[Saved data entries]
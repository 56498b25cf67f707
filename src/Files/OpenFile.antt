-- ===== src/Files/OpenFile.antt =====
-- kernel/filesystem/estros-fs.c: open files, which read and write through a buffer of five blocks.
use bitloader.Prelude.{
  Bool, List, Option, [], get_elem?, if◌then◌else◌, leb, ltb, none, not, some, suc, zero, ℕ, ◌%◌,
  ◌&&◌, ◌*◌, ◌+◌, ◌-◌, ◌/◌, ◌==◌, ◌^◌, ◌||◌, ◌∷◌,
}
use bitloader.Prelude.Run.{Run, fault, out_of_fuel, returns, ◌>>=◌}
use bitloader.Prelude.Words.{add32, sub32}
use bitloader.Files.{
  Block, Disk, FileSystem, block_size, harddrive_load_blocks, harddrive_write_blocks,
}
use bitloader.Files.Inodes.{Inode, write_inode}

abbrev pub buffer_size_blocks : ℕ
buffer_size_blocks = 5

abbrev pub buffer_bytes : ℕ
buffer_bytes = buffer_size_blocks * block_size

abbrev pub Memory : Type 0
Memory = ℕ → ℕ

-- A `VFSIndexNode` of this file system, with its `InodeData`.
pub record FsNode : Type 0 where
  pub type : ℕ
  pub size : ℕ
  pub inode_number : ℕ
  pub blocks : ℕ → ℕ

-- A `VFSFile` with its `FileData`; `buffer` is `none` where the pointer is NULL.
pub record FsFile : Type 0 where
  pub position : ℕ
  pub buffer : Option Memory
  pub range_low : ℕ
  pub range_high : ℕ

abbrev pub vfstofs : FsNode → Inode
vfstofs node = record { type = node.type; size = node.size; blocks = node.blocks; reserved = 0 }

abbrev pub fstovfs : Inode → ℕ → FsNode
fstovfs inode inode_number = record {
  type = inode.type;
  size = inode.size;
  inode_number = inode_number;
  blocks = inode.blocks;
}

-- The answers of `malloc` for the file, its data and the buffer, 0 for NULL; `bytes` is what the
-- buffer holds. The file, or NULL, and what is freed again.
unfoldable pub fs_open : (file private_data buffer : ℕ) → Memory → Option FsFile × List ℕ
fs_open file private_data buffer bytes =
    if file == 0
    then (none, [])
    else if private_data == 0
    then (none, file ∷ [])
    else if buffer == 0
    then (none, private_data ∷ file ∷ [])
    else (some (record { position = 0; buffer = some bytes; range_low = 0; range_high = 0 }), [])

-- What is freed: the buffer is not.
unfoldable pub fs_close : (file private_data : ℕ) → List ℕ
fs_close file private_data = if private_data == 0 then file ∷ [] else private_data ∷ file ∷ []

-- The byte `o` of a block, lowest first in each word.
abbrev pub block_byte : Block → ℕ → ℕ
block_byte b o = b (o / 4) / 256 ^ (o % 4) % 256

-- The blocks that are loaded stand in the buffer from its start.
abbrev pub with_blocks : List Block → Memory → Memory
with_blocks loaded old o = elim (get_elem? loaded (o / block_size)) [
  | none ↦ old o
  | some b ↦ block_byte b (o % block_size)
]

abbrev pub outside : ℕ → FsFile → Bool
outside n file =
    ltb file.range_high (add32 file.position n)
    || ltb file.position file.range_low
    || file.range_high == file.range_low

abbrev pub window : FsFile → Memory → FsFile
window file bytes =
    let low = file.position / block_size * block_size in
    record file { buffer = some bytes; range_low = low; range_high = add32 low buffer_bytes }

-- The buffer loaded for `n` bytes at the position, where it does not have them; `none` where the
-- first block is missing. A buffer at NULL is a fault.
unfoldable pub refill_buffer : Disk → FsNode → ℕ → FsFile → Option Memory → Run (Option FsFile)
unfolding harddrive_load_blocks
refill_buffer disk node n file none = fault
refill_buffer disk node n file (some old) =
    let loaded = harddrive_load_blocks disk node.blocks file.position buffer_size_blocks in
    if not (outside n file) then returns (some file) else elim loaded [
      | none ↦ returns none
      | some blocks ↦ returns (some (window file (with_blocks blocks old)))
    ]

abbrev pub refill : Disk → FsNode → ℕ → FsFile → Run (Option FsFile)
refill disk node n file = refill_buffer disk node n file file.buffer

abbrev pub buffer_of : FsFile → Memory
buffer_of file = elim file.buffer [ none ↦ (λ o. 0) | some bytes ↦ bytes ]

abbrev pub copy_out : ℕ → FsFile → Memory → Memory
copy_out n file buffer i =
    if ltb i n then buffer_of file (i + file.position - file.range_low) else buffer i

abbrev pub ReadResult : Type 0
ReadResult = ℕ × Memory × FsFile

-- A round after its refill; `again` is the rest of the loop. Bytes past the file's own buffer are a
-- fault.
unfoldable pub read_round :
    (again : Memory → FsFile → Run ReadResult) (n : ℕ)
    → Memory
    → FsFile
    → Option FsFile
    → Run ReadResult
read_round again n buffer file none = returns (0, buffer, file)
read_round again n buffer file (some f) =
    if ltb buffer_bytes (f.position + n - f.range_low)
    then fault
    else again (copy_out n f buffer) (record f { position = add32 f.position n })

-- `remaining` bytes are left, and `n` go with each round, to the start of the caller's buffer.
unfoldable pub read_loop :
    (fuel : ℕ) → Disk → FsNode → (remaining n bytes_read : ℕ) → Memory → FsFile → Run ReadResult
read_loop zero disk node remaining n bytes_read buffer file = out_of_fuel
read_loop (suc fuel) disk node remaining n bytes_read buffer file =
    let n1 = if ltb buffer_bytes remaining then buffer_bytes else n in
    let again = read_loop fuel disk node (sub32 remaining n1) n1 (add32 bytes_read n1) in
    if remaining == 0
    then returns (bytes_read, buffer, file)
    else refill disk node n1 file >>= read_round again n1 buffer file

-- What is read, the caller's buffer and the file.
unfoldable pub fs_read : (fuel : ℕ) → Disk → FsNode → ℕ → Memory → FsFile → Run ReadResult
unfolding read_loop
fs_read fuel disk node buffer_size buffer file =
    let n =
      if ltb node.size (add32 buffer_size file.position)
      then node.size - file.position
      else buffer_size in
    if buffer_size == 0
    then returns (0, buffer, file)
    else if leb node.size file.position
    then returns (0, buffer, file)
    else read_loop fuel disk node n n 0 buffer file

abbrev pub copy_in : ℕ → ℕ → Memory → Memory → Memory
copy_in n at source bytes o = if leb at o && ltb o (at + n) then source (o - at) else bytes o

-- The block `k` of a buffer, word by word.
abbrev pub block_at : Memory → ℕ → Block
block_at bytes k w =
    let o = k * block_size + w * 4 in
    bytes o + bytes (o + 1) * 256 + bytes (o + 2) * 256 ^ 2 + bytes (o + 3) * 256 ^ 3

abbrev pub blocks_of : Memory → ℕ → List Block
blocks_of bytes zero = []
blocks_of bytes (suc n) = block_at bytes 0 ∷ blocks_of (λ o. bytes (o + block_size)) n

-- The buffer for a write: of a file of size 0 it is a new one, which holds `fresh`, or NULL, and the
-- use of that is a fault.
unfoldable pub refill_write : Option Memory → Disk → FsNode → ℕ → FsFile → Run (Option FsFile)
refill_write fresh disk node n file =
    if outside n file && node.size == 0
    then elim fresh [ none ↦ fault | some bytes ↦ returns (some (window file bytes)) ]
    else refill disk node n file

abbrev pub Written : Type 0
Written = ℕ × FileSystem × FsNode × FsFile

-- How many of the buffer's blocks go to the disk, for a file of that size.
abbrev pub number_to_write : ℕ → ℕ
number_to_write size =
    if ltb (size / block_size + 1) 5 then add32 size (block_size - 1) / block_size else 5

-- The bytes go into the buffer, and the buffer's blocks and the inode to the disk.
unfoldable pub write_out : ℕ → Memory → FileSystem → FsNode → FsFile → Memory → Written
unfolding harddrive_write_blocks
write_out n source fs node file bytes =
    let filled = copy_in n (file.position - file.range_low) source bytes in
    let position = add32 file.position n in
    let size = if ltb node.size position then position else node.size in
    let w =
      harddrive_write_blocks (blocks_of filled (number_to_write size)) node.blocks file.range_low
        fs in
    let node1 : FsNode = record node { size = size; blocks = w.0 } in
    let disk = write_inode (vfstofs node1) node.inode_number w.1.disk in
    (
      n,
      record w.1 { disk = disk },
      node1,
      record file { position = position; buffer = some filled },
    )

-- Where the first block is missing, nothing is written, and the buffer is NULL from then on. A store
-- past the buffer is a fault.
unfoldable pub write_refilled :
    ℕ → Memory → FileSystem → FsNode → FsFile → Option FsFile → Run Written
write_refilled n source fs node file none = returns (0, fs, node, record file { buffer = none })
write_refilled n source fs node file (some f) =
    if ltb buffer_bytes (f.position + n - f.range_low)
    then fault
    else returns (write_out n source fs node f (buffer_of f))

unfoldable pub fs_write : Option Memory → ℕ → Memory → FileSystem → FsNode → FsFile → Run Written
fs_write fresh buffer_size source fs node file =
    refill_write fresh fs.disk node buffer_size file
    >>= write_refilled buffer_size source fs node file

abbrev pub vfs_beg : ℕ
vfs_beg = 1

abbrev pub vfs_cur : ℕ
vfs_cur = 2

abbrev pub vfs_end : ℕ
vfs_end = 3

-- Unsigned: where the size is 0, `size - 1` is the largest number.
unfoldable pub fs_seek : FsNode → ℕ → ℕ → FsFile → FsFile
fs_seek node offset whence file =
    let last = sub32 node.size 1 in
    let moved = add32 offset file.position in
    if whence == vfs_beg
    then record file { position = if ltb offset last then offset else last }
    else if whence == vfs_cur
    then record file { position = if ltb moved last then moved else add32 file.position last }
    else if whence == vfs_end
    then record file { position = if ltb 0 (sub32 last offset) then sub32 node.size offset else 0 }
    else file

abbrev pub fs_tell : FsFile → ℕ
fs_tell file = file.position
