-- ===== src/Files/Directory.antt =====
-- kernel/filesystem/estros-fs.c: directories, and the walk of a path through them. A path is its
-- characters without the NUL; `malloc` gives the memory for a directory's entries.
pub mod Names
pub mod Search
pub mod Walk
pub mod Listing
pub mod Create
pub mod Refused
mod Tests
use bitloader.Prelude.{
  Bool, List, Option, [], drop, if◌then◌else◌, length, ltb, none, not, some, suc, take, zero, ℕ,
  ◌%◌, ◌&&◌, ◌*◌, ◌++◌, ◌+◌, ◌/◌, ◌==◌, ◌^◌, ◌||◌, ◌∷◌,
}
use bitloader.Prelude.Int.{pos, ◌==ℤ◌}
use bitloader.Prelude.Run.{Run, fault, out_of_fuel, returns, ◌>>=◌}
use bitloader.Strings.{Bytes, literal, strncmp}
use bitloader.Files.{Disk, FileSystem, block_size, place}
use bitloader.Files.Inodes.{Inode, fetch_inode}
use bitloader.Files.OpenFile.{FsNode, Memory, block_byte, fstovfs, vfstofs}

abbrev pub directory : ℕ
directory = 2

-- `sizeof(struct DirectoryEntry)`, without the name.
abbrev pub entry_size : ℕ
entry_size = 12

-- The entries in memory, and how many bytes there are.
pub record EntryBytes : Type 0 where
  pub bytes : Memory
  pub size : ℕ

-- The sectors from the directory's first block on, or NULL for a size of 0.
unfoldable pub fetch_inode_directory : Inode → Disk → Option EntryBytes
fetch_inode_directory inode disk =
    let from : Memory =
      λ o. block_byte (disk (place (inode.blocks 0) + o / block_size)) (o % block_size) in
    let size = (inode.size / 512 + 1) * 512 in
    if inode.size == 0 then none else some (record { bytes = from; size = size })

abbrev pub word_at : Memory → ℕ → ℕ
word_at bytes o = bytes o + bytes (o + 1) * 256 + bytes (o + 2) * 256 ^ 2 + bytes (o + 3) * 256 ^ 3

-- The name at the entry `o` is not the path's: by `strncmp`, or since the path is longer.
abbrev pub other_name : Memory → ℕ → List ℕ → Bool
other_name bytes o path =
    let name_length = word_at bytes (o + 8) in
    let name : Bytes = λ i. bytes (o + entry_size + i) in
    not (strncmp (literal path) name name_length ==ℤ pos 0) || ltb name_length (length path)

-- The inode number of the path's entry. The entries end with one of length 0. A header past the memory is a
-- fault.
unfoldable pub search_entries : (fuel : ℕ) → EntryBytes → (o : ℕ) → List ℕ → Run (Option ℕ)
search_entries zero entries o path = out_of_fuel
search_entries (suc fuel) entries o path =
    let entry_length = word_at entries.bytes (o + 4) in
    let rest = search_entries fuel entries (o + entry_length) path in
    if ltb entries.size (o + entry_size)
    then fault
    else if other_name entries.bytes o path
    then (if entry_length == 0 then returns none else rest)
    else returns (some (word_at entries.bytes o))

-- The place of the first '/' in the characters from `i` on, which `left` are left of; 0 where there
-- is none.
unfoldable pub first_slash : List ℕ → ℕ → ℕ
first_slash [] i = 0
first_slash (c ∷ path) i = let rest = first_slash path (i + 1) in if c == b'/' then i else rest

abbrev pub skip_slashes : List ℕ → List ℕ
skip_slashes [] = []
skip_slashes (c ∷ path) = if c == b'/' then skip_slashes path else c ∷ path

-- The part of the path that is looked for among the entries, NULL where there are none. Only a
-- directory may have more of the path after it.
unfoldable pub resolve_entries :
    (fuel offset type : ℕ) → List ℕ → Option EntryBytes → Run (Option ℕ)
resolve_entries fuel offset type part none = returns none
resolve_entries fuel offset type part (some entries) =
    if not (offset == 0) && not (type == directory)
    then returns none
    else search_entries fuel entries 0 part

-- One round of the walk: the number of the inode that the path's first part names in the directory.
unfoldable pub resolve_part : (fuel offset : ℕ) → List ℕ → Inode → Disk → Run (Option ℕ)
resolve_part fuel offset path inode disk =
    let part = if offset == 0 then path else take offset path in
    resolve_entries fuel offset inode.type part (fetch_inode_directory inode disk)

-- After a round: the walk ends with the last part, or goes on with the rest.
unfoldable pub resolve_next : (again : ℕ → Run (Option ℕ)) (offset : ℕ) → Option ℕ → Run (Option ℕ)
resolve_next again offset none = returns none
resolve_next again offset (some n) = if offset == 0 then returns (some n) else again n

-- `none` is the inode of type 0 in `resolve_inode`, and -1 in `resolve_inode_number`.
unfoldable pub resolve_loop : (rounds fuel : ℕ) → List ℕ → Inode → Disk → Run (Option ℕ)
resolve_loop zero fuel path inode disk = out_of_fuel
resolve_loop (suc rounds) fuel path inode disk =
    let offset = first_slash path 0 in
    let again : ℕ → Run (Option ℕ) =
      λ n. resolve_loop rounds fuel (drop (offset + 1) path) (fetch_inode n disk) disk in
    resolve_part fuel offset path inode disk >>= resolve_next again offset

unfoldable pub resolve_inode_number : (rounds fuel : ℕ) → List ℕ → FileSystem → Run (Option ℕ)
resolve_inode_number rounds fuel path fs =
    let rest = skip_slashes path in
    let found = resolve_loop rounds fuel rest (fetch_inode fs.root_inode fs.disk) fs.disk in
    if length rest == 0 then returns (some fs.root_inode) else found

-- The inode itself, or the one of type 0.
abbrev pub resolve_inode : (rounds fuel : ℕ) → List ℕ → FileSystem → Run Inode
resolve_inode rounds fuel path fs =
    let err : Inode = record { type = 0; size = 0; blocks = λ k. 0; reserved = 0 } in
    resolve_inode_number rounds fuel path fs >>= λ r. elim r [
      | none ↦ returns err
      | some n ↦ returns (fetch_inode n fs.disk)
    ]

abbrev pub get_inode : (rounds fuel : ℕ) → List ℕ → FileSystem → Run FsNode
get_inode rounds fuel path fs = do
  inode ← resolve_inode rounds fuel path fs
  number ← resolve_inode_number rounds fuel path fs
  let error : FsNode = record { type = 0; size = 0; inode_number = 0; blocks = λ k. 0 }
  returns
      (if inode.type == 0 then error else elim number [ none ↦ error | some n ↦ fstovfs inode n ])

-- A directory's entries for the caller: their paths.
pub record VfsDirectory : Type 0 where
  pub inode : FsNode
  pub entries : List (List ℕ)

-- The root's path "/" is not followed by another '/'.
abbrev pub entry_path : (path name : List ℕ) → List ℕ
entry_path path name = if length path == 1 then path ++ name else path ++ b'/' ∷ name

abbrev pub bytes_from : Memory → (o n : ℕ) → List ℕ
bytes_from bytes o zero = []
bytes_from bytes o (suc n) = bytes o ∷ bytes_from bytes (o + 1) n

-- The paths of the entries up to the one of length 0. A header or a name past the memory is a fault.
unfoldable pub list_entries : (fuel : ℕ) → EntryBytes → (o : ℕ) → List ℕ → Run (List (List ℕ))
list_entries zero entries o path = out_of_fuel
list_entries (suc fuel) entries o path =
    let entry_length = word_at entries.bytes (o + 4) in
    let name_length = word_at entries.bytes (o + 8) in
    let name = bytes_from entries.bytes (o + entry_size) name_length in
    let rest = list_entries fuel entries (o + entry_length) path in
    if ltb entries.size (o + entry_size)
    then fault
    else if entry_length == 0
    then returns []
    else if ltb entries.size (o + entry_size + name_length)
    then fault
    else rest >>= λ paths. returns (entry_path path name ∷ paths)

abbrev pub list_fetched : (fuel : ℕ) → Option EntryBytes → List ℕ → Run (List (List ℕ))
list_fetched fuel none path = returns []
list_fetched fuel (some entries) path = list_entries fuel entries 0 path

unfoldable pub get_directory : (fuel : ℕ) → List ℕ → FsNode → Disk → Run (Option VfsDirectory)
get_directory fuel path inode disk =
    let listed = list_fetched fuel (fetch_inode_directory (vfstofs inode) disk) path in
    if not (inode.type == directory)
    then returns none
    else listed >>= λ paths. returns (some (record { inode = inode; entries = paths }))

- Try it
Tally the lines of the entries that include the word "without" and give only the total.

- Written answer
2